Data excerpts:
..........
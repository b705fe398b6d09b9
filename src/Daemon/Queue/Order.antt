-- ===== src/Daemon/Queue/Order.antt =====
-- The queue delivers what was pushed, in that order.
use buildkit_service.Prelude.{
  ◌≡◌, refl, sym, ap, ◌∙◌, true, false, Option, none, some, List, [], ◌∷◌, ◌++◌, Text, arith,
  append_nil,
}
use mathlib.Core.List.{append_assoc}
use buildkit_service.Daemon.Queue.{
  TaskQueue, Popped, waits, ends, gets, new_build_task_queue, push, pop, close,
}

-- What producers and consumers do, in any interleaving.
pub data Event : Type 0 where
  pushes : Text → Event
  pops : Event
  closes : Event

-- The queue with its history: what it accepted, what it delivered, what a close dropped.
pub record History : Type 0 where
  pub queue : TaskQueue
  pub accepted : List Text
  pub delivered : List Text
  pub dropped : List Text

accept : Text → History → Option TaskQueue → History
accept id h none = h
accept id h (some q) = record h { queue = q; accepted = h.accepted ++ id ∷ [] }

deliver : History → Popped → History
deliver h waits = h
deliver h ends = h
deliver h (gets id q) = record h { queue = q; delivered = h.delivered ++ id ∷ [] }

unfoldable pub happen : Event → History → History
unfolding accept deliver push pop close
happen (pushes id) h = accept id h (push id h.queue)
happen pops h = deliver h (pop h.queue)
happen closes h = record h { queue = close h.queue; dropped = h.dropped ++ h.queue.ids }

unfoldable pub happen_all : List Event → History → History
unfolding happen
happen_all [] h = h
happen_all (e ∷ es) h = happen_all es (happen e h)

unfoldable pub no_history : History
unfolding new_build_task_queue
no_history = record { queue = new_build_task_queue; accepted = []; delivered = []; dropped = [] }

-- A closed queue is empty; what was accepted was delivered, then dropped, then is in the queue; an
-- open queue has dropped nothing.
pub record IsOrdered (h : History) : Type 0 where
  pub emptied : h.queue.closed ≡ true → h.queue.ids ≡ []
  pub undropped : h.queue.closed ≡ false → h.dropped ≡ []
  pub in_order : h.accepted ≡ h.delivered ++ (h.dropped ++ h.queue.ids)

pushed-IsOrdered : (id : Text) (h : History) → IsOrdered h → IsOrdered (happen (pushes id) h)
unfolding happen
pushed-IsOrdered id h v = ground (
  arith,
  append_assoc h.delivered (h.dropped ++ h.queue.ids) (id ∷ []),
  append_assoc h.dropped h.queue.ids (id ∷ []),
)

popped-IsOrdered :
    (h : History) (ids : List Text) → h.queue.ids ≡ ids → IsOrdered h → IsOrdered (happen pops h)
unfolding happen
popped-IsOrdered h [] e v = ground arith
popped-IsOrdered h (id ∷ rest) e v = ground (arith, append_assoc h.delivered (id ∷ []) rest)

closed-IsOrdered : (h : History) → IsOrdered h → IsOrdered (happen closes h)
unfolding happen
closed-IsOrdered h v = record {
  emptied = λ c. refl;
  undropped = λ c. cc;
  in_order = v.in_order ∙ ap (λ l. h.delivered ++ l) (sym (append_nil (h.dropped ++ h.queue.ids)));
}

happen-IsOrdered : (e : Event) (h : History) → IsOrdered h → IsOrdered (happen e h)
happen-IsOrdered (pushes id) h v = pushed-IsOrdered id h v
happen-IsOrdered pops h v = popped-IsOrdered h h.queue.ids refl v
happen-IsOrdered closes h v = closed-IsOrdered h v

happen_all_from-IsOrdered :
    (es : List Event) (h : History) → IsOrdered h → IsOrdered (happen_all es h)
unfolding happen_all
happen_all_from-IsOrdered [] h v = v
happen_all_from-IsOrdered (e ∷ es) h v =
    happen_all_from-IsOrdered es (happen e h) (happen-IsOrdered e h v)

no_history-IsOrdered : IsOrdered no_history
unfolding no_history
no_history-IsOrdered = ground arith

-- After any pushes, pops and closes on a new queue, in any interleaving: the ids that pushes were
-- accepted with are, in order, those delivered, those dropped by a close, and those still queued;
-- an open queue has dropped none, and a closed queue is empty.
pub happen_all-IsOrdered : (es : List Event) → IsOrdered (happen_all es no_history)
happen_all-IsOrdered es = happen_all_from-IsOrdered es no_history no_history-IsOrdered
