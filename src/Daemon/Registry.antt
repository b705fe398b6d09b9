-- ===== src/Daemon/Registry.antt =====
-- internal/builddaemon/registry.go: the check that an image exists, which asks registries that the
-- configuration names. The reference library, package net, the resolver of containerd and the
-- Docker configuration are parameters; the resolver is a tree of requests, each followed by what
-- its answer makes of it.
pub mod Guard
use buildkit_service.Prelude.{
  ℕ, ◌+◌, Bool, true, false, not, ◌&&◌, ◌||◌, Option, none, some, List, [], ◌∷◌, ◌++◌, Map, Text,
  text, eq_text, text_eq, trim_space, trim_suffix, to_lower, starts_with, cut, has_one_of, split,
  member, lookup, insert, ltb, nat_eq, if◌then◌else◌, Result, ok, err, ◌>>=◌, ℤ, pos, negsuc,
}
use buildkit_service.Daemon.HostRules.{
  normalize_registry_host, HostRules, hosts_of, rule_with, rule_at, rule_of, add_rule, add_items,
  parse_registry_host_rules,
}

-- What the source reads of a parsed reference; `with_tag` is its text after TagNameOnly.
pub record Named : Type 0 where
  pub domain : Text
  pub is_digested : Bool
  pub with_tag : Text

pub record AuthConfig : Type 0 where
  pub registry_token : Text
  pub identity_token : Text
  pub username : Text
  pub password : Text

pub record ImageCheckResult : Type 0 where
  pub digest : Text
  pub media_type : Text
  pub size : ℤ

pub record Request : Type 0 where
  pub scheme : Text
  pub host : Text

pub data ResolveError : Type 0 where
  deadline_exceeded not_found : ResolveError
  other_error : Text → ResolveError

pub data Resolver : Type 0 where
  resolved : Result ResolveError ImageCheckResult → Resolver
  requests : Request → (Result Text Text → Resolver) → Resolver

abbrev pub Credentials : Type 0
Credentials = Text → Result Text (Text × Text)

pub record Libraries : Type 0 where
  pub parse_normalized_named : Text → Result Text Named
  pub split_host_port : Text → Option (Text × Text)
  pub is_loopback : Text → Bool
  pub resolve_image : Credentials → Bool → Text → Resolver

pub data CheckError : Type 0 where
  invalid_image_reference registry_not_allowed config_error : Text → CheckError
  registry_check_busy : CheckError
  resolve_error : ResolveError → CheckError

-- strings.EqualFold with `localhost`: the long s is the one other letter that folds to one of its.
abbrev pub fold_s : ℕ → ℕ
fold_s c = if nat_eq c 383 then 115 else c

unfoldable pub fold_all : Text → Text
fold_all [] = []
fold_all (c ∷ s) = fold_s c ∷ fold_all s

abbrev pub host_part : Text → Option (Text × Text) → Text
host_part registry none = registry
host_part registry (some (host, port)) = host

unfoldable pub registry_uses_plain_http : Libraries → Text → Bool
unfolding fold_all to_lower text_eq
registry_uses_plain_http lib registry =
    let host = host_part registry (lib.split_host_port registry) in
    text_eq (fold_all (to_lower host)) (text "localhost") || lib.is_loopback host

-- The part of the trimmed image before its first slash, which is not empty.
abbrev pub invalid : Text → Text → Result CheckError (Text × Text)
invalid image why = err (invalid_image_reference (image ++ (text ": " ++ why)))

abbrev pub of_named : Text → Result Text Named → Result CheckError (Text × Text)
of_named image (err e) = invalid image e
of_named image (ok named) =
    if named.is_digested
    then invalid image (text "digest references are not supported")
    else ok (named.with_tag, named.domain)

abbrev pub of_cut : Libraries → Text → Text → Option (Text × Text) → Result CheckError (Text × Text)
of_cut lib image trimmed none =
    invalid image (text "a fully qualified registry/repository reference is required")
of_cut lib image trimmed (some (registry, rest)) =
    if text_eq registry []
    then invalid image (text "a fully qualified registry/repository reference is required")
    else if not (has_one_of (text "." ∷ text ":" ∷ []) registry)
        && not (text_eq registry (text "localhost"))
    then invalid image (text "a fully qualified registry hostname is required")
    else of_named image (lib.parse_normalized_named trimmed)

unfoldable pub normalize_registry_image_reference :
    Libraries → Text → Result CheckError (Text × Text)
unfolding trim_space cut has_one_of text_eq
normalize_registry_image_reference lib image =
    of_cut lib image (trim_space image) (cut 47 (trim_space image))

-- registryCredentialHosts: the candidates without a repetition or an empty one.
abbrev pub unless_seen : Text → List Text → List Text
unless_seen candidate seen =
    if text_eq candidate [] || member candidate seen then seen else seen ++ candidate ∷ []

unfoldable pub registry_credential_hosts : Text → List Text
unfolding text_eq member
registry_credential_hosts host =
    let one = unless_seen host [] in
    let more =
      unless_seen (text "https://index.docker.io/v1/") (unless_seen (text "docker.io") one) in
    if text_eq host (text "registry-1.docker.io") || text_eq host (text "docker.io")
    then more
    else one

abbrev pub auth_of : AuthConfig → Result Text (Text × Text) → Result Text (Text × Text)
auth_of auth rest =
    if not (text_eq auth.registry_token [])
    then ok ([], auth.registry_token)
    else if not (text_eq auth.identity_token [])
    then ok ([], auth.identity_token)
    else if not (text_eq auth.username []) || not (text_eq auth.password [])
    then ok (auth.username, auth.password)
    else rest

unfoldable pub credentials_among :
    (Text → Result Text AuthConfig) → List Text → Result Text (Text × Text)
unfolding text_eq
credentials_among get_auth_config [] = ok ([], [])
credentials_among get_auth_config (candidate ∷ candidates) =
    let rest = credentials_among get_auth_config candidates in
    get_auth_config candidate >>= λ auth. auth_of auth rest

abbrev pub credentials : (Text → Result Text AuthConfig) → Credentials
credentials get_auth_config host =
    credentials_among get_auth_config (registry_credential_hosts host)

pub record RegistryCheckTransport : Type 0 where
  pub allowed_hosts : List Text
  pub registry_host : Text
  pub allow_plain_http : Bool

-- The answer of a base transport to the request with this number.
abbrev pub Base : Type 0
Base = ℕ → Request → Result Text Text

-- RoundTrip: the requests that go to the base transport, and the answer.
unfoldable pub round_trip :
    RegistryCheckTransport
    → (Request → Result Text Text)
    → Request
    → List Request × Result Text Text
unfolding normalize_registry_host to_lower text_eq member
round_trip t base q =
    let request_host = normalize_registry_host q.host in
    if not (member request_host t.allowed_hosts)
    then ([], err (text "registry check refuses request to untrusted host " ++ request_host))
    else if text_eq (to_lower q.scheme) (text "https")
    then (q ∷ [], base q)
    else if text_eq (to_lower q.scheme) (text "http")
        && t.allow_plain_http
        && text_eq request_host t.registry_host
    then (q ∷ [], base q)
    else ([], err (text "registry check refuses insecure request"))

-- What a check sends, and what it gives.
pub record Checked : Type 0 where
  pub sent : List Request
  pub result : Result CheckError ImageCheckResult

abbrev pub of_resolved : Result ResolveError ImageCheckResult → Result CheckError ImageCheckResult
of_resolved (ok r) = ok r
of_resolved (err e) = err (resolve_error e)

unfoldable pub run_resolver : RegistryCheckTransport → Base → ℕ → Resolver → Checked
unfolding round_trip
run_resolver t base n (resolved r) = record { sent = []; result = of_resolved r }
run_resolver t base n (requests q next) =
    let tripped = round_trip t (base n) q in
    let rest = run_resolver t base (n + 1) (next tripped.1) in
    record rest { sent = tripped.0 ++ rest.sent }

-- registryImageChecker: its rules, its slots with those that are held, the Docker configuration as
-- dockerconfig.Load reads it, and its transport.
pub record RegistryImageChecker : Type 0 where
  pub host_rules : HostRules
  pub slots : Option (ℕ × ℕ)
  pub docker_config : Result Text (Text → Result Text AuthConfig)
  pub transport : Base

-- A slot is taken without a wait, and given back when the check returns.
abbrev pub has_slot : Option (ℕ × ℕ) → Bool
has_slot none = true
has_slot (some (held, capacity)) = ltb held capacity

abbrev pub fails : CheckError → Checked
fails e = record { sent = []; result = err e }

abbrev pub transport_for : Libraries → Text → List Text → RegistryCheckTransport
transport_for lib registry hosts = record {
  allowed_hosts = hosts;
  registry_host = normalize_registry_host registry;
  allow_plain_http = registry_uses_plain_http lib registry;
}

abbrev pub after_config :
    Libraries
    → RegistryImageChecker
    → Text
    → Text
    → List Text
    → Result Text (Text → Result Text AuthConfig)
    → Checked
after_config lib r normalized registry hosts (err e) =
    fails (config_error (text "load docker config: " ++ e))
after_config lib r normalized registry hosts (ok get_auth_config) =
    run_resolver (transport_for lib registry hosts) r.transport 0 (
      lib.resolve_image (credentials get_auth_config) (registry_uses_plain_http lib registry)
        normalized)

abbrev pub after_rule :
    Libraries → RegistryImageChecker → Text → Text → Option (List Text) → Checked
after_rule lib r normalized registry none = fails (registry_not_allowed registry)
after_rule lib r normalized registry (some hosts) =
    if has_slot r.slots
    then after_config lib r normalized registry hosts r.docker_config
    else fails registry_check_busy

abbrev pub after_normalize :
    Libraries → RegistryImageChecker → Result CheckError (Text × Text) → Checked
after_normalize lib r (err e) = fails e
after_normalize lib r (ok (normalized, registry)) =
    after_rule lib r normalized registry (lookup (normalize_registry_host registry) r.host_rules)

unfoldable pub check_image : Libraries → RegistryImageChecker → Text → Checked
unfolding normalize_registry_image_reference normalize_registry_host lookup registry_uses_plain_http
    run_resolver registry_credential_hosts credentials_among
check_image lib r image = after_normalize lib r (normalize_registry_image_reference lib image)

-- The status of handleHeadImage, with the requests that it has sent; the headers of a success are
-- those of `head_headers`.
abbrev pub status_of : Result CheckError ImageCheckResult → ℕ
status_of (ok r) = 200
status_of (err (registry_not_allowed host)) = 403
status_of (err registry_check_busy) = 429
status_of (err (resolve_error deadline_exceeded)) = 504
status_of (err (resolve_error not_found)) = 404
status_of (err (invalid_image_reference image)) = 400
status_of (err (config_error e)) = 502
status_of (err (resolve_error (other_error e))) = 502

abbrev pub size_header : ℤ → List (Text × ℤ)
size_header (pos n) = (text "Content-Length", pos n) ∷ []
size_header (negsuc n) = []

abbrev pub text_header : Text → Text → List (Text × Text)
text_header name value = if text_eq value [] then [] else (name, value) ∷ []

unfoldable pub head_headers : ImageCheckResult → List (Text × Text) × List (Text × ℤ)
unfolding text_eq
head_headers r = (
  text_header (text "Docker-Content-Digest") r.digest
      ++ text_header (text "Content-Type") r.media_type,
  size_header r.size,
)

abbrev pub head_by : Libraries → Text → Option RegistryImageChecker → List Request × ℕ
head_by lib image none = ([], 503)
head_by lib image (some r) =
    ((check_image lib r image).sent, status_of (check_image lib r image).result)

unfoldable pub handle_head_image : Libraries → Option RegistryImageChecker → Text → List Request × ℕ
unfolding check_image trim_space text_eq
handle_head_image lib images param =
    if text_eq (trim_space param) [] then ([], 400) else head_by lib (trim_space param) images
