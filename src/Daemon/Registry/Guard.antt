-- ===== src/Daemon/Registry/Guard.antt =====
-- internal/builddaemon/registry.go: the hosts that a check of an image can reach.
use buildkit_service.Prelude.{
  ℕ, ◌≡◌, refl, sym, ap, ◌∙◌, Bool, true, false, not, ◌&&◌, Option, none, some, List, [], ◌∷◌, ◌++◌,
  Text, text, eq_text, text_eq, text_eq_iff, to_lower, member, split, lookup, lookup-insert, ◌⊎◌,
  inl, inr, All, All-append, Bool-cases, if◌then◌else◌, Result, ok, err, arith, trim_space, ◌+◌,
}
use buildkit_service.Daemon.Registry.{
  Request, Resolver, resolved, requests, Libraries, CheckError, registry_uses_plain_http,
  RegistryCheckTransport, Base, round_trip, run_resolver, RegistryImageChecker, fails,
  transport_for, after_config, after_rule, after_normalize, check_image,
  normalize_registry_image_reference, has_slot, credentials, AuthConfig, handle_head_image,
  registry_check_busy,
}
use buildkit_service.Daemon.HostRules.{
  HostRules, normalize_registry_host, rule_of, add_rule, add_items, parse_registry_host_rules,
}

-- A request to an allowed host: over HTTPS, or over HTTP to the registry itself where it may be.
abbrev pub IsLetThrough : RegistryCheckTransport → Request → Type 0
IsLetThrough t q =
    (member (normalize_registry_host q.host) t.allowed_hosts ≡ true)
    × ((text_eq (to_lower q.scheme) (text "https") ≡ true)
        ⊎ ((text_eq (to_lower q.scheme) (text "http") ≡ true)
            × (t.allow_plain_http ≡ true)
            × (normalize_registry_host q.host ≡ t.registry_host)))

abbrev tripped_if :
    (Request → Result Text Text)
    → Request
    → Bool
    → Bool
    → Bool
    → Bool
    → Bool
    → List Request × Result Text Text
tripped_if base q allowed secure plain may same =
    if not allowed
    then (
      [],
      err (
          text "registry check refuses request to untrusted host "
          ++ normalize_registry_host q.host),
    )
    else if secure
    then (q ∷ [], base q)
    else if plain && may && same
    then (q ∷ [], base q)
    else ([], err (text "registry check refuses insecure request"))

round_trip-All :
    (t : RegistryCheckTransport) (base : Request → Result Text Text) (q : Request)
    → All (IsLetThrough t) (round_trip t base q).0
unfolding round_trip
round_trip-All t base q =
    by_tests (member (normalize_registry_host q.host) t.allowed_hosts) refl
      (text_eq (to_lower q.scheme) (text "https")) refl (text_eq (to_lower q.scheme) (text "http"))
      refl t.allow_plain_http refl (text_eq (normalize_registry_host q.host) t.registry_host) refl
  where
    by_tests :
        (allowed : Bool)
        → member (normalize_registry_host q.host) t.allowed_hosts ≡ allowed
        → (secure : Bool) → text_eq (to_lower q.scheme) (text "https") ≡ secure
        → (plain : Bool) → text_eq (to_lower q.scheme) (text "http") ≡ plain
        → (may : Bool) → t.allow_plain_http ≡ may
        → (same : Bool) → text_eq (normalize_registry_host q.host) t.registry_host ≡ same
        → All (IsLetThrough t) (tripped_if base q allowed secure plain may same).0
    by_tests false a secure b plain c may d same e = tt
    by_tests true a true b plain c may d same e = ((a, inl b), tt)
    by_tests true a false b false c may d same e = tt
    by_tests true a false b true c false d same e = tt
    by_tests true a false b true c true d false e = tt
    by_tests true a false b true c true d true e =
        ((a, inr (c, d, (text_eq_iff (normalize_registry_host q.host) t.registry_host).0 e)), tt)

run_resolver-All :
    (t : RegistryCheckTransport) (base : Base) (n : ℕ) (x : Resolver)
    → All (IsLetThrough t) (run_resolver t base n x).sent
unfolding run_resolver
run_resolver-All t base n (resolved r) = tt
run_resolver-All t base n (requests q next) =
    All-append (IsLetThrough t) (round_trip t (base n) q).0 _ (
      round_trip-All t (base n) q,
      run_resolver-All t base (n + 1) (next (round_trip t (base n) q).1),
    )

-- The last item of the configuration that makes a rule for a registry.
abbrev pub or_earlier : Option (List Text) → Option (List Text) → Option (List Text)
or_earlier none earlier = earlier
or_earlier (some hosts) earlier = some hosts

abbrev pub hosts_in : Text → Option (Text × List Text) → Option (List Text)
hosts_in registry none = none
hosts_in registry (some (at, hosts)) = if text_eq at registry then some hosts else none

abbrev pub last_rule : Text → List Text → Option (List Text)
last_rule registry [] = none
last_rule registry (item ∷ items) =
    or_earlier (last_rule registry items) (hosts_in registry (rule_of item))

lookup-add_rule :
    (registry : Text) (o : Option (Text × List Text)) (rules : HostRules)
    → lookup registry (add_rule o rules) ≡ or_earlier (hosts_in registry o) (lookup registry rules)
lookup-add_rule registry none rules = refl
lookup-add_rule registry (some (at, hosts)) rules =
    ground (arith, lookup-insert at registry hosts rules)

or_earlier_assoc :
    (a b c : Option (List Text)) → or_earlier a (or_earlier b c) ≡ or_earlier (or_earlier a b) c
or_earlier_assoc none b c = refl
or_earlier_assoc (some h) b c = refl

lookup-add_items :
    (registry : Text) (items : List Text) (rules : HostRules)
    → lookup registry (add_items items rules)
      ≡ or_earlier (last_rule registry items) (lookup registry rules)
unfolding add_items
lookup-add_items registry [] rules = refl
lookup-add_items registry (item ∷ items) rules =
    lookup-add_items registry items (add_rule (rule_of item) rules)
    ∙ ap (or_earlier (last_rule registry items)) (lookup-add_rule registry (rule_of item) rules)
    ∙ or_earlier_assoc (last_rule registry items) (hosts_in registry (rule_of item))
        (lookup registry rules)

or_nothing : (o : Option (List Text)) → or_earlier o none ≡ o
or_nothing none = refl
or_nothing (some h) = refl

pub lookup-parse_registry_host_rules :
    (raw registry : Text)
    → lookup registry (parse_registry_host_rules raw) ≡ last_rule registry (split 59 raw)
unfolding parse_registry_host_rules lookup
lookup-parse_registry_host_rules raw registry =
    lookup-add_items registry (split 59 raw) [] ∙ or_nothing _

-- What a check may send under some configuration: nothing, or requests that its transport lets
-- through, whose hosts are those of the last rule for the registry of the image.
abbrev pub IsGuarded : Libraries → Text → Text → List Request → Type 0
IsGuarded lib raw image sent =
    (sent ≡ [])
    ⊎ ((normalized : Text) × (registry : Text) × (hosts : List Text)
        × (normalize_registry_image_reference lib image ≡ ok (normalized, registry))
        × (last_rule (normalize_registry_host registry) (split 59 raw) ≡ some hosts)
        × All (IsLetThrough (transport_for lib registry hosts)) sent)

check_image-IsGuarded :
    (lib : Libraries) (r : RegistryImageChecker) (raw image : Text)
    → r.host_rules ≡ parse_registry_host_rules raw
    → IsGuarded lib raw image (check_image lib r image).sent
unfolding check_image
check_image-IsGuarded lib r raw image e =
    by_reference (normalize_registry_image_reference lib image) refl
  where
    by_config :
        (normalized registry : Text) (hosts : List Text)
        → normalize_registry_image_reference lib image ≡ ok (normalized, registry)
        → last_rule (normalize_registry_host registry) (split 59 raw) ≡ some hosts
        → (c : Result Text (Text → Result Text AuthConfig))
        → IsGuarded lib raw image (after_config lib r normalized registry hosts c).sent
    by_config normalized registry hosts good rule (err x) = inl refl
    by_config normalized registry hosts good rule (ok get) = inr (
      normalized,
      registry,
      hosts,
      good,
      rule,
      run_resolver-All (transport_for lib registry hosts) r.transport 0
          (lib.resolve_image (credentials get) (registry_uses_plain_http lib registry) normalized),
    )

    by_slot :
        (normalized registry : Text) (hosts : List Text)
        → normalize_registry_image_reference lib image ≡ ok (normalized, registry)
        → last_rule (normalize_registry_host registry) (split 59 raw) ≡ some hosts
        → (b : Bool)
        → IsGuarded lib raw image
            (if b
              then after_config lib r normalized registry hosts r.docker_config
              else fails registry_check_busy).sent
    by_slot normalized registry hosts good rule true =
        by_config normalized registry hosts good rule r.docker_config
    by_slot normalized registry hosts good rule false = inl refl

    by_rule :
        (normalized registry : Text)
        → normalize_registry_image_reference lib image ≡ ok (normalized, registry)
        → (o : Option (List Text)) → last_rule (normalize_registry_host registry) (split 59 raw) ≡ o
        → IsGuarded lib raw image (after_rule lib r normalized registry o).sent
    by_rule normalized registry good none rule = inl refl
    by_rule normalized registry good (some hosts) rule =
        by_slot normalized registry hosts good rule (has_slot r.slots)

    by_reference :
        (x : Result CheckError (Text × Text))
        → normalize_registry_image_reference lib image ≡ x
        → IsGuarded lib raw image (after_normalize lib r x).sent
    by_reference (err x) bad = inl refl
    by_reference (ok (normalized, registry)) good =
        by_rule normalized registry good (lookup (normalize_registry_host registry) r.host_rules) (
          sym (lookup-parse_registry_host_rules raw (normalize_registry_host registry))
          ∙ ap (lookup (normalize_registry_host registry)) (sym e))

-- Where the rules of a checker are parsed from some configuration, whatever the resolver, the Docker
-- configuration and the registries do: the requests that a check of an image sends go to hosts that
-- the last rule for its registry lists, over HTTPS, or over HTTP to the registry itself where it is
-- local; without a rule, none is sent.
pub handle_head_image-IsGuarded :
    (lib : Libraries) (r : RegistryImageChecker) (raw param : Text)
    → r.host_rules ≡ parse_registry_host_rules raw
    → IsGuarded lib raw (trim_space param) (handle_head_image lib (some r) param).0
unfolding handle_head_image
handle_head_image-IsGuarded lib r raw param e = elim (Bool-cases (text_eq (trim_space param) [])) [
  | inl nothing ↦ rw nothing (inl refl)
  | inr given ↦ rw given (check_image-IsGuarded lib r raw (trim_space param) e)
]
..........
* Task to complete
If a line of the data contains the word "slots", it counts toward the total; state that total alone.

* Finished exercise
4